■ Work required: Your answer is the line containing "unfolding contains get_all_connections" plus every line after it to the end of the data below, transcribed exactly and with nothing else.

[Source information Boundary: Start]

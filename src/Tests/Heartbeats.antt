-- ===== src/Tests/Heartbeats.antt =====
-- The heartbeat sweep at concrete states.
use pulse_distributed_real_t.ConnectionManager.{get_all_connections}
use pulse_distributed_real_t.JsMap.{contains}
use pulse_distributed_real_t.Connection.{ReadyState, close}
use pulse_distributed_real_t.HeartbeatManager.{
  Terminator, HeartbeatManager, check_heartbeats, terminate,
}
use pulse_distributed_real_t.HeartbeatManager.Reaping.{check_heartbeats-reaps}
use pulse_distributed_real_t.Tests.Data.{quick_socket, two_connections, node}
use pulse_distributed_real_t.Prelude.{some, true, ◌≡◌, arith, refl}

abbrev hard_kill : Terminator
hard_kill = λ state. some ReadyState.closed

abbrev heartbeat : HeartbeatManager
heartbeat = record { interval_ms = 1000; timeout_ms = 500; sweep_tick_ms = 250; is_running = true }

check_heartbeats-reaps_example :
    let first =
      check_heartbeats quick_socket hard_kill heartbeat two_connections node.store 9000
        (λ id. id) in
    let second =
      check_heartbeats quick_socket hard_kill heartbeat two_connections first 9250 (λ id. id) in
    (first "c1"
      ≡ close quick_socket (record (node.store "c1") { is_heartbeat_timed_out = true }) 1002)
    × (second "c1" ≡ terminate hard_kill (first "c1"))
unfolding contains get_all_connections
check_heartbeats-reaps_example =
    check_heartbeats-reaps quick_socket hard_kill heartbeat two_connections node.store 9000 9250
      (λ id. id) "c1" (refl, (refl, tt)) refl refl refl (omega arith)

[Source information Boundary: End]

■ Written answer:
unfolding contains get_all_connections
check_heartbeats-reaps_example =
    check_heartbeats-reaps quick_socket hard_kill heartbeat two_connections node.store 9000 9250
      (λ id. id) "c1" (refl, (refl, tt)) refl refl refl (omega arith)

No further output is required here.